Single by Indochine

from the album Paradize
- Language: French
- English title: "I Asked the Moon"
- B-side: "Punker", "Glory Hole"
- Released: March 2002
- Length: 3:29
- Label: Columbia
- Songwriter: Mickaël Furnon
- Producers: Oli de Sat, Phil Delire, Indochine

Indochine singles chronology
| "Punker" (2002) | "J'ai demandé à la lune" (2002) | "Mao Boy" (2002) |

Music video
- "J'ai demandé à la lune" on YouTube

= J'ai demandé à la lune =

2002 single by Indochine

"J'ai demandé à la lune" ("I Asked the Moon") is a song by the French new wave band Indochine, from their 2002 album Paradize.

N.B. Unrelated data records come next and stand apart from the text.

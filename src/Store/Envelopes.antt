-- ===== src/Store/Envelopes.antt =====
-- app/documents/store.py: `store_bytes`, `ingest_file` and `decrypt_bytes`.
use ehf_applications.Prelude.{
  ℕ, ◌+◌, ◌*◌, String, Bool, true, false, not, ◌&&◌, Option, none, some, [], ◌∷◌, ◌++◌, ◌==◌,
  if◌then◌else◌, ltb, string_eq, nat_eq, pair_eq, list_eq, length, take, drop, member, add, ok, err,
  Action, raise_if, or_raise, gets, pure, raise, ◌>>=◌, ◌>>◌,
}
use ehf_applications.Prelude.Dict.{get, put, remove}
use ehf_applications.Store.Types.{
  Bytes, ObjectBinding, StoredObjectRecord, Keyring, Cipher, StoreError, invalid_identifier,
  empty_document, storage_failed, registration_failed, ingestion_failed, duplicate_plaintext,
  malware_detected, malware_unavailable, keyring_error, struct_error, Verdict, clean, detected,
  unavailable,
}
use ehf_applications.Store.Objects.{
  ObjectStore, is_object_key, aad, header, magic, format_version, key_for, Draw,
}

-- The caller's `register` works on a state `R` of its own, and answers whether it returned.
abbrev pub Registered : Type 0 → Type 0
Registered R = ObjectStore × R

-- replace(temporary, destination), and `destination.unlink(missing_ok=True)`
abbrev pub promote : String → Bytes → ObjectStore → ObjectStore
promote key envelope s = record s { objects = put s.objects key envelope }

abbrev pub unlink : String → ObjectStore → ObjectStore
unlink key s = record s { objects = remove s.objects key }

abbrev pub noted : ℕ → Bytes → ObjectStore → ObjectStore
noted application_id digest s = record s {
  plaintext_hashes = add (application_id, digest) s.plaintext_hashes;
}

abbrev pub is_nil : Bytes → Bool
is_nil [] = true
is_nil (_ ∷ _) = false

abbrev pub envelope : Cipher → ℕ → Bytes → Bytes → Bytes → ObjectBinding → Bytes
envelope c key_version key nonce plaintext binding =
    header key_version nonce ++ c.encrypt key nonce plaintext (aad binding)

abbrev pub stored_record : Cipher → Keyring → Draw → Bytes → Bytes → Bytes → StoredObjectRecord
stored_record c ring draw plaintext digest payload = record {
  object_key = draw.object_key;
  key_version = ring.active_key_version;
  envelope_version = format_version;
  nonce = draw.nonce;
  plaintext_sha256 = digest;
  ciphertext_sha256 = c.sha256 payload;
  byte_size = length plaintext;
}

-- `except (DocumentStoreError, MalwareError): raise`, and all else is a failed ingestion
abbrev pub as_ingestion : StoreError → StoreError
as_ingestion keyring_error = ingestion_failed
as_ingestion struct_error = ingestion_failed
as_ingestion e = e

module _ {R : Type 0} where
  -- a statement on the store alone
  abbrev pub on_objects : (ObjectStore → ObjectStore) → Action (Registered R) StoreError Unit
  on_objects f (s, r) = (ok tt, (f s, r))

  abbrev pub call_register : (R → Bool × R) → Action (Registered R) StoreError Bool
  call_register register (s, r) = let (done, r') = register r in (ok done, (s, r'))

  abbrev pub handled :
      Action (Registered R) StoreError StoredObjectRecord
      → Action (Registered R) StoreError StoredObjectRecord
  handled m s = let (r, s') = m s in (elim r [ ok a ↦ ok a | err e ↦ err (as_ingestion e) ], s')

  abbrev pub scan : Verdict → Action (Registered R) StoreError Unit
  scan clean = pure tt
  scan detected = raise malware_detected
  scan unavailable = raise malware_unavailable

module _ (c : Cipher) (ring : Keyring) {R : Type 0} where
  unfoldable pub encrypt_and_promote :
      Draw → Bytes → Bytes → ObjectBinding → Action (Registered R) StoreError StoredObjectRecord
  unfolding key_for
  encrypt_and_promote draw plaintext digest binding = do
    key ← or_raise (key_for ring ring.active_key_version) keyring_error
    raise_if (not (ltb ring.active_key_version 65536)) struct_error
    let payload = envelope c ring.active_key_version key draw.nonce plaintext binding
    raise_if (not (is_object_key draw.object_key)) invalid_identifier
    if draw.writable
        then on_objects (promote draw.object_key payload)
        else on_objects (unlink draw.object_key) >> raise storage_failed
    pure (stored_record c ring draw plaintext digest payload)

  unfoldable pub store_bytes :
      Draw
      → Bytes
      → ObjectBinding
      → (StoredObjectRecord → R → Bool × R)
      → Action (Registered R) StoreError StoredObjectRecord
  unfolding encrypt_and_promote
  store_bytes draw plaintext binding register = do
    raise_if (is_nil plaintext) empty_document
    let digest = c.sha256 plaintext
    known ← gets (λ s. member (binding.application_id, digest) s.0.plaintext_hashes)
    raise_if known duplicate_plaintext
    object_record ← encrypt_and_promote draw plaintext digest binding
    done ← call_register (register object_record)
    if done
        then on_objects (noted binding.application_id digest)
        else on_objects (unlink object_record.object_key) >> raise registration_failed
    pure object_record

  -- `readable`: the quarantine file could be written and read; `valid`: the validator returned
  unfoldable pub ingest_file :
      Draw
      → Bool
      → Bool
      → Verdict
      → Bytes
      → ObjectBinding
      → (StoredObjectRecord → R → Bool × R)
      → Action (Registered R) StoreError StoredObjectRecord
  ingest_file draw readable valid verdict source binding register = handled do
    raise_if (not readable) ingestion_failed
    raise_if (not valid) ingestion_failed
    scan verdict
    store_bytes draw source binding register

-- The checks of `decrypt_bytes`, in their order; `none` is the DocumentStoreError.
module _ (c : Cipher) (ring : Keyring) (object_record : StoredObjectRecord) where
  abbrev check : {A : Type 0} → Bool → Option A → Option A
  check true o = o
  check false o = none

  abbrev pub intact : Option Bytes → Option Bytes
  intact none = none
  intact (some plaintext) =
      check
        (length plaintext == object_record.byte_size
          && c.sha256 plaintext == object_record.plaintext_sha256)
        (some plaintext)

  abbrev pub opened : ObjectBinding → ℕ → Bytes → Bytes → Option Bytes → Option Bytes
  opened binding key_version nonce ciphertext none = none
  opened binding key_version nonce ciphertext (some key) =
      intact (c.decrypt key nonce ciphertext (aad binding))

  -- _HEADER.unpack(payload[:20]) and the rest; a shorter payload is a struct.error
  abbrev pub unpacked : ObjectBinding → Bytes → Option Bytes
  unpacked binding (m0 ∷ m1 ∷ m2 ∷ m3 ∷ m4 ∷ version ∷ high ∷ low ∷ rest) =
      let key_version = high * 256 + low in
      let nonce = take 12 rest in
      check
        (length nonce == 12
          && (m0 ∷ m1 ∷ m2 ∷ m3 ∷ m4 ∷ []) == magic
          && version == object_record.envelope_version
          && key_version == object_record.key_version
          && nonce == object_record.nonce)
        (opened binding key_version nonce (drop 12 rest) (key_for ring key_version))
  unpacked binding _ = none

  abbrev pub loaded : ObjectBinding → Option Bytes → Option Bytes
  loaded binding none = none
  loaded binding (some payload) =
      check (c.sha256 payload == object_record.ciphertext_sha256) (unpacked binding payload)

  unfoldable pub decrypt_bytes : ObjectBinding → ObjectStore → Option Bytes
  unfolding key_for
  decrypt_bytes binding s =
      check (is_object_key object_record.object_key)
        (loaded binding (get s.objects object_record.object_key))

Written by Mickaël Furnon, the singer of Mickey 3D, the song was released as the second single from the album in March 2002 and quickly became a national success, topping the French Singles Chart and selling over 750,000 units in France alone.

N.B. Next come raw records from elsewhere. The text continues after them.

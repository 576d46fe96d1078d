-- ===== src/Edge/Counts/Since.antt =====
-- What a pool reports to have counted since a mark (internal/edge/counts.go).
use caramelo.Common.{
  ℕ, ◌+◌, ◌≤◌, ◌≡◌, ◌≢◌, refl, sym, ap, ◌∙◌, subst, Bool, true, false, List, [], ◌∷◌, ◌++◌, map,
  Option, none, some, ◌==◌, nat_eq, arith, if◌then◌else◌, lookup, lookup-insert, All, All-mono,
}
use caramelo.Edge.{Target}
use caramelo.Edge.Routes.Valid.{DistinctReplicas}
use caramelo.Edge.Pool.State.{
  Counter, Tracked, MarkEntry, CountMark, RoutePool, mark_of, per_replica, snapshot, find,
  set_tracked,
}
use caramelo.Edge.Counts.{
  mark_at, count_request, count_unrouted, add_request, plus, target_since, own_since, HostCounts,
  add_targets, counts,
}
use caramelo.Edge.Counts.Parts.{
  Part, Request, answered, turned_away, serve, serve_all, worth_all, requests_part, errors_part,
  failures_part,
}
use caramelo.Edge.Counts.Marks.{mark_at-newest}
use caramelo.Edge.Counts.Grown.{Marked, Grown, amounts, amount, since-Marked, serve_all-Grown}

abbrev pub targets_of : RoutePool → List Target
targets_of p = map (λ (ts : Tracked). ts.t) p.targets

abbrev entry_of : Tracked → MarkEntry
entry_of ts = record { incarnation = ts.incarnation; counted = ts.counted }

-- The entry of a replica that no later target has stays.
lookup-per_replica :
    (i : ℕ) (tss : List Tracked) (m : List (ℕ × MarkEntry))
    → All (λ (t : Target). i ≢ t.replica) (map (λ (ts : Tracked). ts.t) tss)
    → lookup i (per_replica tss m) ≡ lookup i m
unfolding per_replica
lookup-per_replica i [] m h = refl
lookup-per_replica i (ts ∷ tss) m h =
    lookup-per_replica i tss _ h.1
    ∙ lookup-insert ts.t.replica i (entry_of ts) m
    ∙ ap (λ (b : Bool). if b then some (entry_of ts) else lookup i m) (other ts.t.replica i h.0)
  where
    other : (a b : ℕ) → b ≢ a → a == b ≡ false
    other a b h = ground arith

own : (a : ℕ) → a == a ≡ true
own a = ground arith

-- Every target has its entry.
per_replica-entries :
    (tss : List Tracked) (m : List (ℕ × MarkEntry))
    → DistinctReplicas (map (λ (ts : Tracked). ts.t) tss)
    → All (λ (ts : Tracked). lookup ts.t.replica (per_replica tss m) ≡ some (entry_of ts)) tss
unfolding per_replica
per_replica-entries [] m h = tt
per_replica-entries (ts ∷ tss) m h = (
  lookup-per_replica ts.t.replica tss _ h.0
      ∙ lookup-insert ts.t.replica ts.t.replica (entry_of ts) m
      ∙ ap (λ (b : Bool). if b then some (entry_of ts) else lookup ts.t.replica m)
          (own ts.t.replica),
  per_replica-entries tss _ h.1,
)

module _ (f : Part) (m : CountMark) where
  entered-Marked : (ts : Tracked) → lookup ts.t.replica m.per ≡ some (entry_of ts) → Marked f m ts
  entered-Marked ts e = record {
    entry = entry_of ts;
    found = e;
    same = own ts.incarnation;
    below = omega arith;
  }

  amounts-entered :
      (tss : List Tracked)
      → All (λ (ts : Tracked). lookup ts.t.replica m.per ≡ some (entry_of ts)) tss
      → amounts f m tss ≡ 0
  unfolding amounts entered-Marked
  amounts-entered [] h = refl
  amounts-entered (ts ∷ tss) h =
      let first = since-Marked f m ts (entered-Marked ts h.0) in
      let rest = amounts-entered tss h.1 in omega arith

module _ (f : Part) (p : RoutePool) (now : ℕ) (h : DistinctReplicas (targets_of p)) where
  -- At the mark nothing has been counted since.
  snapshot-Grown : Grown f (mark_of now p) (snapshot now p)
  unfolding mark_of snapshot
  snapshot-Grown = record {
    each =
        All-mono (λ ts e. entered-Marked f (mark_of now p) ts e) p.targets
          (per_replica-entries p.targets [] h);
    own = omega arith;
  }

  snapshot-amount : amount f (mark_of now p) (snapshot now p) ≡ 0
  unfolding mark_of snapshot amount own_since
  snapshot-amount =
      let own = f.of_sub p.unrouted p.unrouted in
      let rest = amounts-entered f (mark_of now p) p.targets (per_replica-entries p.targets [] h) in
      omega arith

add_targets-total :
    (f : Part) (m : CountMark) (c : HostCounts) (tss : List Tracked)
    → f.of (add_targets (some m) c tss).total ≡ f.of c.total + amounts f m tss
unfolding add_targets amounts
add_targets-total f m c [] = omega arith
add_targets-total f m c (ts ∷ tss) =
    let rest =
      add_targets-total f m
        (record c {
          targets =
              c.targets
              ++ record { replica = ts.t.replica; counted = target_since (some m) ts } ∷ [];
          total = plus c.total (target_since (some m) ts);
        })
        tss in
    let sum = f.of_plus c.total (target_since (some m) ts) in omega arith

same_counter :
    {a b : Counter}
    → a.requests ≡ b.requests
    → a.status5xx ≡ b.status5xx
    → a.connect_failures ≡ b.connect_failures
    → a ≡ b
same_counter e f g = cc

serve_marks : (q : Request) (p : RoutePool) → (serve q p).marks ≡ p.marks
unfolding count_request count_unrouted
serve_marks (answered replica status failed) p = go (find replica p.targets)
  where
    go :
        (o : Option Tracked)
        → (elim o as (λ x. RoutePool) [
          | none ↦ record p { unrouted = add_request status failed p.unrouted }
          | some ts ↦ record p {
            targets =
                set_tracked replica
                  (record ts { counted = add_request status failed ts.counted })
                  p.targets;
          }
        ]).marks
          ≡ p.marks
    go none = refl
    go (some ts) = refl
serve_marks turned_away p = refl

serve_all_marks : (qs : List Request) (p : RoutePool) → (serve_all qs p).marks ≡ p.marks
serve_all_marks [] p = refl
serve_all_marks (q ∷ qs) p = serve_all_marks qs (serve q p) ∙ serve_marks q p

module _ (p : RoutePool) (now since : ℕ) (qs : List Request)
    (distinct : DistinctReplicas (targets_of p))
    (ordered : All (λ (m : CountMark). m.at ≤ since) p.marks) (late : now ≤ since) where
  served : RoutePool
  served = serve_all qs (snapshot now p)

  total_of : (f : Part) → f.of (counts since served).total ≡ f.of (worth_all qs)
  unfolding counts served amount mark_of snapshot
  total_of f = go (mark_at since served.marks) found
    where
      from_none : {a b : ℕ} → a ≡ 0 → a + b ≡ b
      from_none e = omega arith

      m : CountMark
      m = mark_of now p

      found : mark_at since served.marks ≡ some m
      found =
          ap (mark_at since) (serve_all_marks qs (snapshot now p))
          ∙ mark_at-newest since m p.marks ordered late

      go :
          (o : Option CountMark)
          → o ≡ some m
          → f.of
              (add_targets o
                (record {
                  host = served.host;
                  total = own_since o served.unrouted;
                  targets = [];
                  unrouted = own_since o served.unrouted;
                })
                served.targets).total
            ≡ f.of (worth_all qs)
      go o e =
          let start = snapshot-amount f p now distinct in
          let grown = serve_all-Grown f m qs (snapshot now p) (snapshot-Grown f p now distinct) in
          subst
            (λ o.
              f.of
                (add_targets o
                  (record {
                    host = served.host;
                    total = own_since o served.unrouted;
                    targets = [];
                    unrouted = own_since o served.unrouted;
                  })
                  served.targets).total
              ≡ f.of (worth_all qs))
            (sym e) (add_targets-total f m _ served.targets ∙ grown ∙ from_none start)

  -- A pool whose replicas are distinct, with no mark later than the time asked for, is marked and then
  -- counts some requests, each for a replica or for none. The total that it reports since a time at or
  -- after the mark is exactly what these requests are worth: one request each, an error for a status
  -- from 500 on, a failure for a connection that failed, and an error for one that was turned away.
  pub counts-serve_all : (counts since (serve_all qs (snapshot now p))).total ≡ worth_all qs
  unfolding served requests_part errors_part failures_part
  counts-serve_all =
      same_counter (total_of requests_part) (total_of errors_part) (total_of failures_part)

==Background and music video==
During the recording of the album, Indochine's singer Nicola Sirkis asked Pauline, the eight-year-old daughter of his friend Rudy Léonet, to perform the background vocals. The music video shows Sirkis walking towards the camera with a baby, then a young child in his arms, and finally Pauline appears alongside him and sings a duet with Sirkis.

==Chart performance==
The song debuted on the French SNEP Singles Chart at number 14 on 13 April 2002 and reached number one for one week on 20 July. The single remained in the top 10 for 20 weeks, in the top 50 for 27 weeks, and on the chart for 31 weeks. It achieved diamond status on 6 November 2002 and was the fifth best-selling single of the year. As of August 2014, the song was the 25th-best-selling single of the 21st century in France.

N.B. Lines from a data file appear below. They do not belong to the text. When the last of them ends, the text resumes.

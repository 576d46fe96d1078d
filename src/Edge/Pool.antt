-- ===== src/Edge/Pool.antt =====
-- internal/edge/pool.go and counts.go: the targets of one route, the requests open on each, and
-- how a target that leaves is drained.
pub mod State
pub mod Install
pub mod Requests
pub mod Pick
pub mod Invariant
pub mod Drains
pub mod RoundTrip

In Wallonia, the single charted for 36 weeks. It entered the top 10 during its 12th week on the Ultratop chart and stayed there for 17 consecutive weeks, peaking at number one for five weeks. The single was ranked fifth on Wallonia's 2002 year-end chart. In Switzerland, "J'ai demandé à la lune" debuted at its peak of number four on 21 July 2002 and became the 39th-best-selling hit of the year.

==Track listing==
- CD single
1. "J'ai demandé à la lune" – 3:29
2. "Punker" – 2:50
3. "Glory Hole" – 3:27

==Charts==

===Weekly charts===

Weekly chart performance for "J'ai demandé à la lune"
| Chart (2002) | Peak position |
|---|---|
| Belgian (Wallonia) Singles Chart | 1 |
| French Singles Chart | 1 |
| Swiss Singles Chart | 4 |

===Year-end charts===

Year-end chart performance for "J'ai demandé à la lune"
| Chart (2002) | Position |
|---|---|
| Belgian (Wallonia) Singles Chart | 5 |
| Europe (Eurochart Hot 100) | 22 |
| French Airplay Chart | 5 |
| French TV Music Videos Chart | 17 |
| French Singles Chart | 5 |
| Swiss Singles Chart | 39 |

==Certifications==

Certifications for "J'ai demandé à la lune"
| Country | Certification | Date | Sales certified |
|---|---|---|---|
| Belgium | Platinum | 21 September 2002 | 40,000 |
| France | Diamond | 6 November 2002 | 750,000 |

==Cover versions==
The song is also covered by Vox Angeli, a choir composed of children, and features as the first track on the 2008 album of the same name.

In 2011, the single was partly re-written by Mickaël Furnon under the title "On demande pas la lune" for the annual Les Enfoirés charity concert. This version peaked at number 30 on the French Singles Chart, and at number nine on the Belgian (Wallonia) Ultratop 40.

In 2021, Québecois singer-songwriter Ghostly Kisses (real name Margaux Sauvé) released her version of the song in partnership with composer pianist Louis-Étienne Santais.